Scholarly papers describing the methodology

Transformation models have been around for more than 50 years, starting with the seminal paper introducing “Box-Cox” power-transformations published by George Box and Sir David Cox in 1964. Later developments focused on a semiparametric understanding of these models, most importantly the partial likelihood approach to parameter estimation in the Cox proportional hazards model.

During the last decade, fully parametric versions of transformation models have been studied. Model inference is much simpler once all components of the models have been parametrised appropriately. Research on transformation models implemented in the mlt add-on package started with a gradient-boosting algorithm for conditional transformation models (Hothorn, Kneib, and Bühlmann, 2014). This algorithm optimises the Brier score for model estimation. It turned out that maximum likelihood estimation is computationally and conceptionally much simpler and also helps to estimate models for discrete or censored data (Hothorn, Möst, and Bühlmann, 2018). So-called most likely transformations are implemented in the mlt add-on package (Hothorn, 2020b). Special attention to count transformation models is given by Siegfried and Hothorn (2020).

A generalisation of binary logistic regression models to continuous outcomes featuring parameters interpretable as log-odds ratios were described in Lohse, Rohrmann, Faeh, and Hothorn (2017). Simple transformation models as well as more complex transformation models (for example transformation trees and forests) for body mass index distributions are discussed in Hothorn (2018). Transformation forests, and their underlying transformation tree algorithm, were established in Hothorn and Zeileis (2021), providing a statistical learning approach for computing fully parametric predictive distributions. Two likelihood-based boosting methods for transformation models are introduced in Hothorn (2020a).

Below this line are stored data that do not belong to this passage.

-- ===== src/Registry.antt =====
-- `DemoInputRegistry` of aggregator_demo/input_registry.py, with the checked fields of
-- `DemoInputResponse` of contracts.py. The file system, SHA-256 and the parsers are parameters.
pub mod Loaded
mod Tests
use text.Mathlib.Text.{◌==◌ as str_eq}
use depotflux_demo.Prelude.{
  ℕ, Bool, true, false, not, Option, none, some, List, [], ◌∷◌, String, map, leb, if◌then◌else◌,
  Result, ok, err, guard, raise_if, ◌>>=◌, ◌>>◌,
}
use depotflux_demo.Runs.Json.{Json, string, list, dict, Items, nil, cons, Fields, get}
use depotflux_demo.Auth.{has_duplicates}

pub record Descriptor : Type 0 where
  pub reference : String
  pub sha256 : String
  pub filename : String
  pub fleet_size : ℕ

-- `DemoInputNotFoundError`, the messages of `DemoInputIntegrityError`, the `AttributeError` of a
-- manifest that is no dict, and an `OSError` of `read_bytes`.
pub data RegistryError : Type 0 where
  unknown_reference : RegistryError
  manifest_unreadable unsupported_version no_inputs_list invalid_manifest : RegistryError
  duplicate_references hash_mismatch path_escapes file_missing bytes_mismatch : RegistryError
  unparsable no_json_object : RegistryError
  no_dict os_error text_error : RegistryError

-- What becomes of `json.loads(path.read_text(encoding="utf-8"))`: a value, `OSError` or
-- `JSONDecodeError`, or another `ValueError`, such as that of bytes which are not UTF-8.
pub data Parsed (A : Type 0) : Type 0 where
  parsed_json : Json A → Parsed A
  unreadable undecodable : Parsed A

-- What the registry asks of the file system: `(root / filename).resolve()`, whether the root is
-- among its parents, `is_file`, the SHA-256 of `read_bytes`, and the JSON value of `read_text`.
pub record InputFiles (A : Type 0) : Type 1 where
  pub FilePath : Type 0
  pub resolve : String → FilePath
  pub is_below_root : FilePath → Bool
  pub is_file : FilePath → Bool
  pub digest_at : FilePath → Option String
  pub json_at : FilePath → Parsed A

module _ {A : Type 0} where
  -- `DemoInputResponse.model_validate` of each item.
  unfoldable pub validated : (Json A → Option Descriptor) → Items A → Option (List Descriptor)
  validated validate nil = some []
  validated validate (cons item items) =
      let rest = validated validate items in
      elim (validate item) [
        | none ↦ none
        | some descriptor ↦ elim rest [ none ↦ none | some others ↦ some (descriptor ∷ others) ]
      ]

  unfoldable pub is_version : Option (Json A) → Bool
  is_version (some (string s)) = str_eq s "v1"
  is_version _ = false

  unfoldable pub manifest_items : Option (Json A) → Result RegistryError (Items A)
  manifest_items (some (list items)) = ok items
  manifest_items _ = err no_inputs_list

  -- The constructor, for the manifest that was read: `none` where it could not be.
  unfoldable pub open_registry :
      (Json A → Option Descriptor) → Option (Json A) → Result RegistryError (List Descriptor)
  open_registry validate none = err manifest_unreadable
  open_registry validate (some (dict manifest)) =
      guard (is_version (get "manifest_version" manifest)) unsupported_version
      >> manifest_items (get "inputs" manifest)
      >>= λ items. elim (validated validate items) [
        | none ↦ err invalid_manifest
        | some descriptors ↦
            raise_if (has_duplicates (map (λ d. d.reference) descriptors)) duplicate_references
            >> ok descriptors
      ]
  open_registry validate (some _) = err no_dict

-- `sorted(..., key=lambda item: item.fleet_size)`, which keeps the order of equal keys.
unfoldable pub insert_by_size : Descriptor → List Descriptor → List Descriptor
insert_by_size d [] = d ∷ []
insert_by_size d (other ∷ others) =
    if leb d.fleet_size other.fleet_size
    then d ∷ other ∷ others
    else other ∷ insert_by_size d others

unfoldable pub list_inputs : List Descriptor → List Descriptor
list_inputs [] = []
list_inputs (d ∷ ds) = insert_by_size d (list_inputs ds)

unfoldable pub find_descriptor : String → List Descriptor → Option Descriptor
find_descriptor reference [] = none
find_descriptor reference (d ∷ ds) =
    if str_eq d.reference reference then some d else find_descriptor reference ds

unfoldable pub descriptor : List Descriptor → String → Result RegistryError Descriptor
descriptor entries reference = elim (find_descriptor reference entries) [
  | none ↦ err unknown_reference
  | some d ↦ ok d
]

module _ {A : Type 0} (files : InputFiles A) where
  -- `_path_for`
  unfoldable pub path_for : Descriptor → Result RegistryError files.FilePath
  path_for d =
      let path = files.resolve d.filename in
      guard (files.is_below_root path) path_escapes
      >> guard (files.is_file path) file_missing
      >> ok path

  unfoldable pub check_bytes : Descriptor → Option String → Result RegistryError Descriptor
  check_bytes d none = err os_error
  check_bytes d (some actual) = if str_eq actual d.sha256 then ok d else err bytes_mismatch

  unfoldable pub verify : List Descriptor → String → String → Result RegistryError Descriptor
  verify entries reference expected_sha256 = descriptor entries reference >>= λ d.
      guard (str_eq d.sha256 expected_sha256) hash_mismatch >> path_for d >>= λ path.
      check_bytes d (files.digest_at path)

unfoldable pub payload_at : {A : Type 0} → Parsed A → Result RegistryError (Fields A)
payload_at unreadable = err unparsable
payload_at undecodable = err text_error
payload_at (parsed_json (dict payload)) = ok payload
payload_at (parsed_json _) = err no_json_object

-- `load`. The file may change between the read of its bytes and that of its text, so the two reads
-- have a file system each.
unfoldable pub load :
    {A : Type 0}
    → InputFiles A
    → InputFiles A
    → List Descriptor
    → String
    → String
    → Result RegistryError (Fields A)
load before after entries reference expected_sha256 =
    verify before entries reference expected_sha256 >>= λ d.
    path_for after d >>= λ path. payload_at (after.json_at path)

Multivariate transformation models, where the marginal distributions can be understood as univariate transformation models and their joint distribution is characterised by a (gaussian) copula, are described in Klein, Hothorn, Barbanti, and Kneib (2022).

References

[1] T. Hothorn, T. Kneib, and P. Bühlmann. “Conditional Transformation Models”. In: Journal of the Royal Statistical Society: Series B (Methodological) 76.1 (2014), pp. 3–27. DOI: 10.1111/rssb.12017.

[2] T. Lohse, S. Rohrmann, D. Faeh, and T. Hothorn. “Continuous Outcome Logistic Regression for Analyzing Body Mass Index Distributions”. In: F1000Research 6 (2017), p. 1933. DOI: 10.12688/f1000research.12934.1.

[3] T. Hothorn. “Top-Down Transformation Choice”. In: Statistical Modelling 18.3–4 (2018), pp. 274–298. DOI: 10.1177/1471082X17748081.

[4] T. Hothorn, L. Möst, and P. Bühlmann. “Most Likely Transformations”. In: Scandinavian Journal of Statistics 45.1 (2018), pp. 110–134. DOI: 10.1111/sjos.12291.

[5] T. Hothorn. “Most Likely Transformations: The mlt Package”. In: Journal of Statistical Software 92.1 (2020), pp. 1–68. DOI: 10.18637/jss.v092.i01.

[6] T. Hothorn. “Transformation Boosting Machines”. In: Statistics and Computing 30 (2020), pp. 141–152. DOI: 10.1007/s11222-019-09870-4.

[7] S. Siegfried and T. Hothorn. “Count Transformation Models”. In: Methods in Ecology and Evolution 11.7 (2020), pp. 818–827. DOI: 10.1111/2041-210X.13383.

[8] T. Hothorn and A. Zeileis. “Predictive Distribution Modelling Using Transformation Forests”. In: Journal of Computational and Graphical Statistics 14 (2021), pp. 144–148. DOI: 10.1080/10618600.2021.1872581.

[9] N. Klein, T. Hothorn, L. Barbanti, and T. Kneib. “Multivariate Conditional Transformation Models”. In: Scandinavian Journal of Statistics 49 (2022), pp. 116–142. DOI: 10.1111/sjos.12501.